The absolute silence of the Bulletin in the matter of the Palace sand-bag barricade, is but one more reminder of the fact that we live in an age of "...sts. It is bad enough for the meat-trust to have a mortgage on our stomachs, with the addition of a gang of the same breed of monopolists being able to dictate what news shall be given to the public, and what shall be withheld. Honest criticism of public men in their relation to the public, is, as a matter of fact, no part of the business of a Trust Newspaper, and even though monopoly should be able to rear it on a concrete foundation it will be - for all practical purposes of moulding live public opinion - as powerless as the papyrus in an Egyptian sarcophagus.
MORE SOLDIERS WANTED.
A clerk in one of our banking houses, is reported as having gone around to engage recruits for Company R. Rifle Guards. This attempt was made in the interest of old money bags, and seems to have met with poor response from the men, who once before served for the @ and who after being used @ by the autocrats to go @ man on being asked. @ the Bank recruiting @ that he had other and better use for his services than serving for a lot of misers and cowards, a strong reply after the ungreatful @ of services on a former occasion, when life and limb were at stake.
SUGAR AGENT'S CAUCAS.
As near as we can ascertain, the members of our merchantile firms and sugar agents who left by the steamer Australia, are to meet in caucas in either San Francisco, or New York, with such sugar magnents as Messrs. Davies and Isenberg, and others who are hving@ in England and Germany from the products of Hawaiian soil.

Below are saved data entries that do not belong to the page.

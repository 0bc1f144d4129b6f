-- ===== src/Iotop/Sort/Exchange.antt =====
-- The exchange sort of iotop-master/src/views.c sorts.
use mathlib.Core.List.{Perm, perm_middle}
use mathlib.Core.List.Perm
use reading_comment.Common.{
  ℕ, zero, suc, ◌≤◌, ◌≡◌, refl, ap, Bool, true, false, List, [], ◌∷◌, ◌++◌, length, arith,
  append-nil, Bool-cases, inl, inr,
}
use reading_comment.Iotop.Sort.{sweep, exchange, reversed}

-- What a comparison "greater than" must satisfy: that of numbers and of `strcmp` does.
pub record IsOrder {A : Type 0} (greater : A → A → Bool) : Type 0 where
  pub asym : (a b : A) → greater a b ≡ true → greater b a ≡ false
  pub trans : (a b c : A) → greater a b ≡ false → greater b c ≡ false → greater a c ≡ false

module _ {A : Type 0} (greater : A → A → Bool) where
  -- None of the elements is greater than `a`.
  abbrev pub NoneGreater : A → List A → Type 0
  NoneGreater a [] = Unit
  NoneGreater a (x ∷ xs) = (greater x a ≡ false) × NoneGreater a xs

  -- None of the elements is less than `a`.
  abbrev pub NoneLess : A → List A → Type 0
  NoneLess a [] = Unit
  NoneLess a (x ∷ xs) = (greater a x ≡ false) × NoneLess a xs

  -- No element is greater than one in front of it.
  abbrev pub Descending : List A → Type 0
  Descending [] = Unit
  Descending (x ∷ xs) = NoneGreater x xs × Descending xs

  -- No element is greater than one behind it.
  abbrev pub Ascending : List A → Type 0
  Ascending [] = Unit
  Ascending (x ∷ xs) = NoneLess x xs × Ascending xs

  module _ (v : IsOrder greater) where
    -- The element that a sweep leaves in front is not exceeded by any of the others, nor by the one
    -- that it began with.
    sweep-NoneGreater :
        (h : A) (xs : List A)
        → (greater h (sweep greater h xs).0 ≡ false)
          × NoneGreater (sweep greater h xs).0 (sweep greater h xs).1
    unfolding sweep
    sweep-NoneGreater h [] = elim (Bool-cases (greater h h)) [
      | inl y ↦ (v.asym h h y, tt)
      | inr n ↦ (n, tt)
    ]
    sweep-NoneGreater h (x ∷ xs) = elim (Bool-cases (greater x h)) [
      | inl y ↦
          let (least, others) = sweep-NoneGreater x xs in
          let h_least = v.trans h x (sweep greater x xs).0 (v.asym x h y) least in
          rw y (h_least, (h_least, others))
      | inr n ↦
          let (least, others) = sweep-NoneGreater h xs in
          let x_least = v.trans x h (sweep greater h xs).0 n least in
          rw n (least, (x_least, others))
    ]

  length-sweep : (h : A) (xs : List A) → length (sweep greater h xs).1 ≡ length xs
  unfolding sweep
  length-sweep h [] = refl
  length-sweep h (x ∷ xs) = elim (Bool-cases (greater x h)) [
    | inl y ↦ rw y (ap suc (length-sweep x xs))
    | inr n ↦ rw n (ap suc (length-sweep h xs))
  ]

  Perm-sweep :
      (h : A) (xs : List A) → Perm ((sweep greater h xs).0 ∷ (sweep greater h xs).1) (h ∷ xs)
  unfolding sweep
  Perm-sweep h [] = Perm.refl (h ∷ [])
  Perm-sweep h (x ∷ xs) = elim (Bool-cases (greater x h)) [
    | inl y ↦ rw y (Perm.trans (Perm.swap h _ _) (Perm.cons h (Perm-sweep x xs)))
    | inr n ↦ rw n (
        Perm.trans (Perm.swap x _ _)
          (Perm.trans (Perm.cons x (Perm-sweep h xs)) (Perm.swap h x xs)))
  ]

  NoneGreater-sweep :
      (a h : A) (xs : List A)
      → greater h a ≡ false
      → NoneGreater a xs
      → (greater (sweep greater h xs).0 a ≡ false) × NoneGreater a (sweep greater h xs).1
  unfolding sweep
  NoneGreater-sweep a h [] k l = (k, tt)
  NoneGreater-sweep a h (x ∷ xs) k (m, l) = elim (Bool-cases (greater x h)) [
    | inl y ↦ let (first, rest) = NoneGreater-sweep a x xs m l in rw y (first, (k, rest))
    | inr n ↦ let (first, rest) = NoneGreater-sweep a h xs k l in rw n (first, (m, rest))
  ]

  NoneGreater-exchange :
      (a : A) (n : ℕ) (xs : List A) → NoneGreater a xs → NoneGreater a (exchange greater n xs)
  unfolding exchange
  NoneGreater-exchange a zero xs h = h
  NoneGreater-exchange a (suc n) [] h = tt
  NoneGreater-exchange a (suc n) (x ∷ xs) (h, k) =
      let (first, rest) = NoneGreater-sweep a x xs h k in
      (first, NoneGreater-exchange a n (sweep greater x xs).1 rest)

  pub Perm-exchange : (n : ℕ) (xs : List A) → Perm (exchange greater n xs) xs
  unfolding exchange
  Perm-exchange zero xs = Perm.refl xs
  Perm-exchange (suc n) [] = Perm.refl []
  Perm-exchange (suc n) (x ∷ xs) =
      Perm.trans (Perm.cons _ (Perm-exchange n (sweep greater x xs).1)) (Perm-sweep x xs)

  pub Descending-exchange :
      (v : IsOrder greater) (n : ℕ) (xs : List A)
      → length xs ≤ n
      → Descending (exchange greater n xs)
  unfolding exchange
  Descending-exchange v zero [] h = tt
  Descending-exchange v zero (x ∷ xs) h = absurd (omega arith)
  Descending-exchange v (suc n) [] h = tt
  Descending-exchange v (suc n) (x ∷ xs) h = (
    NoneGreater-exchange (sweep greater x xs).0 n (sweep greater x xs).1
        (sweep-NoneGreater v x xs).1,
    Descending-exchange v n (sweep greater x xs).1 (omega (arith, length-sweep x xs)),
  )

module _ {A : Type 0} where
  module _ (greater : A → A → Bool) where
    NoneGreater-append :
        (a x : A) (xs : List A)
        → NoneGreater greater a xs
        → greater x a ≡ false
        → NoneGreater greater a (xs ++ (x ∷ []))
    NoneGreater-append a x [] h k = (k, tt)
    NoneGreater-append a x (y ∷ ys) (e, h) k = (e, NoneGreater-append a x ys h k)

    NoneLess-append :
        (a x : A) (xs : List A)
        → NoneLess greater a xs
        → greater a x ≡ false
        → NoneLess greater a (xs ++ (x ∷ []))
    NoneLess-append a x [] h k = (k, tt)
    NoneLess-append a x (y ∷ ys) (e, h) k = (e, NoneLess-append a x ys h k)

    NoneGreater-reversed :
        (a : A) (xs : List A) → NoneGreater greater a xs → NoneGreater greater a (reversed xs)
    unfolding reversed
    NoneGreater-reversed a [] h = tt
    NoneGreater-reversed a (x ∷ xs) (e, h) =
        NoneGreater-append a x (reversed xs) (NoneGreater-reversed a xs h) e

    Ascending-append :
        (x : A) (xs : List A)
        → Ascending greater xs
        → NoneGreater greater x xs
        → Ascending greater (xs ++ (x ∷ []))
    Ascending-append x [] h k = (tt, tt)
    Ascending-append x (y ∷ ys) (n, h) (e, k) =
        (NoneLess-append y x ys n e, Ascending-append x ys h k)

    pub Ascending-reversed : (xs : List A) → Descending greater xs → Ascending greater (reversed xs)
    unfolding reversed
    Ascending-reversed [] h = tt
    Ascending-reversed (x ∷ xs) (n, h) =
        Ascending-append x (reversed xs) (Ascending-reversed xs h) (NoneGreater-reversed x xs n)

  of_append_nil : (xs : List A) → Perm (xs ++ []) xs
  of_append_nil xs = rw append-nil (Perm.refl xs)

  pub Perm-reversed : (xs : List A) → Perm (reversed xs) xs
  unfolding reversed
  Perm-reversed [] = Perm.refl []
  Perm-reversed (x ∷ xs) =
      Perm.trans (perm_middle (reversed xs) [])
        (Perm.cons x (Perm.trans (of_append_nil (reversed xs)) (Perm-reversed xs)))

The object of the meeting is to discuss the situation of our sugar industries, to secure capital, and a buyer at living prices. In all probability an effort will be made to sell to the New York Sugar Trust, upon which money advances may be obtained from said rich and powerful sugar trust whose headquarters is in the city of New York. We hope for the welfare of our sugar farmers and those interested with them that the mission of these gentlemen will be successful.

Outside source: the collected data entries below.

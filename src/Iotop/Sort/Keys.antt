-- ===== src/Iotop/Sort/Keys.antt =====
-- The orders of `sort_diff` (iotop-master/src/views.c).
use mathlib.Core.List.{Perm}
use mathlib.Core.List.Perm
use reading_comment.Common.{ℕ, Bool, ◌≡◌, refl, true, false, List, ◌∷◌, length, slt32, arith, some}
use reading_comment.Common.Strings.{
  Sign, above, is_above, strcmp, strcmp-above_asym, strcmp-not_above_trans,
}
use reading_comment.Iotop.Types.{Doubles, XxxidStats}
use reading_comment.Iotop.Sort.{
  SortBy, by_pid, by_prio, by_user, by_read, by_write, by_swapin, by_io, by_command, SortOrder,
  desc, asc, found, exchange, in_order, sort_diff, next_key, previous_key,
}
use reading_comment.Iotop.Sort.Exchange.{
  IsOrder, Descending, Perm-exchange, Descending-exchange, Ascending, Ascending-reversed,
  Perm-reversed,
}

slt32_asym : (a b : ℕ) → slt32 b a ≡ true → slt32 a b ≡ false
slt32_asym a b h = ground arith

not_slt32_trans : (a b c : ℕ) → slt32 b a ≡ false → slt32 c b ≡ false → slt32 c a ≡ false
not_slt32_trans a b c h k = ground arith

is_above-eq : (s : Sign) → is_above s ≡ true → s ≡ above
is_above-eq s h = ground arith

module _ {D : Type 0} ⦃d : Doubles D⦄ (v : IsOrder d.gt) where
  found-IsOrder : (by : SortBy) → IsOrder (found {D = D} by)
  found-IsOrder by_pid = record {
    asym = λ a b. slt32_asym a.tid b.tid;
    trans = λ a b c. not_slt32_trans a.tid b.tid c.tid;
  }
  found-IsOrder by_prio = record {
    asym = λ a b. slt32_asym a.io_prio b.io_prio;
    trans = λ a b c. not_slt32_trans a.io_prio b.io_prio c.io_prio;
  }
  found-IsOrder by_user = record {
    asym = λ a b. slt32_asym a.euid b.euid;
    trans = λ a b c. not_slt32_trans a.euid b.euid c.euid;
  }
  found-IsOrder by_read = record {
    asym = λ a b. v.asym a.read_val b.read_val;
    trans = λ a b c. v.trans a.read_val b.read_val c.read_val;
  }
  found-IsOrder by_write = record {
    asym = λ a b. v.asym a.write_val b.write_val;
    trans = λ a b c. v.trans a.write_val b.write_val c.write_val;
  }
  found-IsOrder by_swapin = record {
    asym = λ a b. v.asym a.swapin_val b.swapin_val;
    trans = λ a b c. v.trans a.swapin_val b.swapin_val c.swapin_val;
  }
  found-IsOrder by_io = record {
    asym = λ a b. v.asym a.blkio_val b.blkio_val;
    trans = λ a b c. v.trans a.blkio_val b.blkio_val c.blkio_val;
  }
  found-IsOrder by_command = record {
    asym = λ a b h. strcmp-above_asym a.cmdline b.cmdline (is_above-eq _ h);
    trans = λ a b c. strcmp-not_above_trans a.cmdline b.cmdline c.cmdline;
  }

  -- Element `a` is above `b` in the chosen key: numbers are signed ones of 32 bits, and commands are
  -- in the order of `strcmp`.
  abbrev pub exceeds : SortBy → XxxidStats D → XxxidStats D → Bool
  exceeds by_pid a b = slt32 b.tid a.tid
  exceeds by_prio a b = slt32 b.io_prio a.io_prio
  exceeds by_user a b = slt32 b.euid a.euid
  exceeds by_read a b = d.gt a.read_val b.read_val
  exceeds by_write a b = d.gt a.write_val b.write_val
  exceeds by_swapin a b = d.gt a.swapin_val b.swapin_val
  exceeds by_io a b = d.gt a.blkio_val b.blkio_val
  exceeds by_command a b = is_above (strcmp a.cmdline b.cmdline)

  found-exceeds : (by : SortBy) → found {D = D} by ≡ exceeds by
  found-exceeds by_pid = refl
  found-exceeds by_prio = refl
  found-exceeds by_user = refl
  found-exceeds by_read = refl
  found-exceeds by_write = refl
  found-exceeds by_swapin = refl
  found-exceeds by_io = refl
  found-exceeds by_command = refl

  -- From the greatest element to the least one, or the other way.
  abbrev pub Sorted : SortBy → SortOrder → List (XxxidStats D) → Type 0
  Sorted by desc l = Descending (exceeds by) l
  Sorted by asc l = Ascending (exceeds by) l

  -- A sorted array, and as many elements as before: from the greatest on, or to it.
  in_order-Sorted :
      (by : SortBy) (order : SortOrder) (xs : List (XxxidStats D))
      → let l = in_order order (exchange (found {D = D} by) (length xs) xs) in
        Perm l xs × Sorted by order l
  in_order-Sorted by desc xs = (
    Perm-exchange (found {D = D} by) (length xs) xs,
    rw⁻¹ (found-exceeds by)
        (Descending-exchange (found {D = D} by) (found-IsOrder by) (length xs) xs (omega arith)),
  )
  in_order-Sorted by asc xs =
      let l = exchange (found {D = D} by) (length xs) xs in
      (
        Perm.trans (Perm-reversed l) (Perm-exchange (found {D = D} by) (length xs) xs),
        rw⁻¹ (found-exceeds by) (
            Ascending-reversed (found {D = D} by) l (
              Descending-exchange (found {D = D} by) (found-IsOrder by) (length xs) xs
                (omega arith))),
      )

  -- For a `>` of doubles that is an order, `sort_diff` on an array with an element puts the same
  -- elements in an order in which none is greater, in the chosen key, than one in front of it; in the
  -- ascending order, than one behind it.
  pub sort_diff-Sorted :
      (by : SortBy) (order : SortOrder) (x : XxxidStats D) (xs : List (XxxidStats D))
      → (l : List (XxxidStats D)) × (sort_diff by order (x ∷ xs) ≡ some l)
        × Perm l (x ∷ xs)
        × Sorted by order l
  unfolding sort_diff
  sort_diff-Sorted by order x xs =
      let (perm, sorted) = in_order-Sorted by order (x ∷ xs) in (_, refl, perm, sorted)

-- KEY_LEFT takes KEY_RIGHT back.
previous_key-next_key : (by : SortBy) → previous_key (next_key by) ≡ by
unfolding previous_key next_key
previous_key-next_key by = ground arith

That Accident at Makaweli.
A few days ago we commented on a report that three Jap laborers at Makaweli were injured by handling explosives, and we said that men were ordered to engage in such a dangerous employment who had no experience in blasting. Monday's Advertiser contained two letters on the subject, one from the plantation manager who treated the affair as nothing - only one man slightly injured. In the same column was an account by and eyewitness substantiating the original report as to the serious nature of the injuries to three men. The two letters were so contradictory that an editorial comment noted the circumstance.
Yesterday the Advertiser had the "precise facts" from Dr. Smith of Kauai, which we doubt not are reliable, and after stating that the persons injured were "very experienced" in that kind of work, the Advertiser account shows that they must have known about as much of the science of blasting as a goat does about a "stickful" of type and common justice demands that a manager who sends a green Japanese or other unskilled laborer to handle explosive in blasting should be liable for the manslaughter which follows. This is the law in other countries, and will be here as soon as men of the Morrison stripe have less to say in moulding our laws.

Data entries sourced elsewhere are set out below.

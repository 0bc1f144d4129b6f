-- ===== src/Iotop/Tests.antt =====
-- iotop-master on concrete inputs, with rounded numbers for the doubles.
use reading_comment.Common.{
  ℕ, ◌+◌, ◌*◌, ◌/◌, ◌^◌, ◌<◌, ◌≤◌, ◌≡◌, ◌⊎◌, refl, true, false, Option, none, some, List, [], ◌∷◌,
  length, ltb, ◌==◌, if◌then◌else◌, arith,
}
use mathlib.Core.List.{Perm}
use reading_comment.Common.Bytes.{Bytes, codes}
use reading_comment.Common.Strings.{decimal_onto}
use reading_comment.Iotop.Types.{Doubles, XxxidStats, Params, minus_one32}
use reading_comment.Iotop.Diff.{create_diff, humanize_val, prefix}
use reading_comment.Iotop.Diff.Counters.{AllInRange, Created, create_diff-Created}
use reading_comment.Iotop.Diff.Units.{AllLarge, humanize_val_lem, thousandth}
use reading_comment.Iotop.Sort.{by_pid, asc, sort_diff}
use reading_comment.Iotop.Sort.Exchange.{IsOrder, Ascending}
use reading_comment.Iotop.Sort.Keys.{exceeds, sort_diff-Sorted}
use reading_comment.Iotop.Pids.{all_pids, whole, strtol, read_digits, skip_blanks, take_sign}
use reading_comment.Iotop.Pids.Listing.{all_pids_lem}
use reading_comment.Iotop.Prio.{str_ioprio, str_ioprio-text}
use reading_comment.Iotop.Loop.{rounds, Event}
use reading_comment.Iotop.Loop.Ownership.{rounds-monitor, monitor, fetches}

-- Division by zero does not occur.
instance rounded : Doubles ℕ
rounded = record {
  from_uint64 = λ n. n;
  from_int = λ n. n;
  plus = λ a b. a + b;
  times = λ a b. a * b;
  over = λ a b. a / b;
  gt = λ a b. ltb b a;
}

rounded-IsOrder : IsOrder rounded.gt
unfolding rounded
rounded-IsOrder = record { asym = λ a b h. ground arith; trans = λ a b c h k. ground arith }

abbrev by_second : Params
by_second = record {
  processes = 0;
  accumulated = false;
  delay = 1;
  pid = minus_one32;
  user_id = 1000;
}

abbrev sample : ℕ → ℕ → XxxidStats ℕ
sample tid read = record {
  tid = tid;
  swapin_delay_total = 0;
  blkio_delay_total = 0;
  read_bytes = read;
  write_bytes = 0;
  blkio_val = 0;
  swapin_val = 0;
  read_val = 0;
  write_val = 0;
  io_prio = 0;
  euid = 1000;
  cmdline = codes "init";
}

sample-InRange : (tid read : ℕ) → read < 2 ^ 64 → AllInRange (sample tid read ∷ [])
sample-InRange tid read h =
    (record { read = h; write = omega arith; swapin = omega arith; blkio = omega arith }, tt)

-- A counter that has fallen by 10
create_diff-Created_example :
    Created by_second
      (sample 7 90 ∷ [])
      (sample 7 100 ∷ [])
      (create_diff by_second (sample 7 90 ∷ []) (sample 7 100 ∷ []))
create_diff-Created_example =
    create_diff-Created by_second (sample 7 90 ∷ []) (sample 7 100 ∷ [])
      (sample-InRange 7 90 (omega arith)) (sample-InRange 7 100 (omega arith))

humanize_val_lem_example :
    (n : ℕ) × (humanize_val (10 ^ 30) ≡ (thousandth n (10 ^ 30), prefix n))
    × AllLarge n (10 ^ 30)
    × (((n < 5) × (ltb 10000 (thousandth n (10 ^ 30)) ≡ false)) ⊎ ((n ≡ 5) × (prefix n ≡ none)))
unfolding rounded
humanize_val_lem_example = humanize_val_lem (10 ^ 30)

sort_diff-Sorted_example :
    (l : List (XxxidStats ℕ)) × (sort_diff by_pid asc (sample 3 0 ∷ sample 9 0 ∷ sample 5 0 ∷ [])
      ≡ some l)
    × Perm l (sample 3 0 ∷ sample 9 0 ∷ sample 5 0 ∷ [])
    × Ascending (exceeds rounded-IsOrder by_pid) l
sort_diff-Sorted_example =
    sort_diff-Sorted rounded-IsOrder by_pid asc (sample 3 0) (sample 9 0 ∷ sample 5 0 ∷ [])

abbrev proc : List Bytes
proc = codes "1" ∷ codes "self" ∷ codes "23" ∷ []

-- Process 23 has gone when its directory is opened.
abbrev tasks_of : ℕ → Option (List Bytes)
tasks_of pid = if pid == 1 then some (codes "1" ∷ codes "5" ∷ []) else none

all_pids_lem_example :
    all_pids tasks_of 7 4 (record { proc = proc; task = none; tasks = true }) ≡ some (1 ∷ 5 ∷ [])
unfolding whole strtol read_digits skip_blanks take_sign
all_pids_lem_example = all_pids_lem tasks_of true proc 7 4 (omega arith) (omega arith)

-- The kernel knows no process 5.
abbrev known : ℕ → Option (XxxidStats ℕ)
known pid = if pid == 5 then none else some (sample pid 0)

str_ioprio-text_example :
    ((2 ^ 14 + 4 < 2 ^ 31)
      × (text : Bytes) × (str_ioprio (2 ^ 14 + 4) ≡ some text)
      × (length text ≡ 4))
    ⊎ ((2 ^ 31 ≤ 2 ^ 14 + 4) × (str_ioprio (2 ^ 14 + 4) ≡ none))
str_ioprio-text_example = str_ioprio-text (2 ^ 14 + 4) (omega arith)

rounds-monitor_example :
    (es : List Event) × (rounds (λ n. n == 1) 3 3 0 none ≡ some es)
    × (monitor [] es ≡ some [])
    × (fetches es ≤ 3)
rounds-monitor_example =
    rounds-monitor (λ n. n == 1) 3 3 0 none (omega arith) (omega arith) (omega arith) tt

-- 16386 is class "be", level 2.
shown : str_ioprio 16386 ≡ some (codes "be/2")
unfolding str_ioprio decimal_onto
shown = refl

A Good Cause for Discontent.
Time a certain high government official, who crept into office by deceit and treachery, is about to add insult to injury by installing in @ a foreigner lately arrived from a French Colony. Premier Park @ Oahu @ already overstrained the @ of an Hawaiian @ by their persistent preferance for the foreigner of alien birth @ the @ of the young men of our own country.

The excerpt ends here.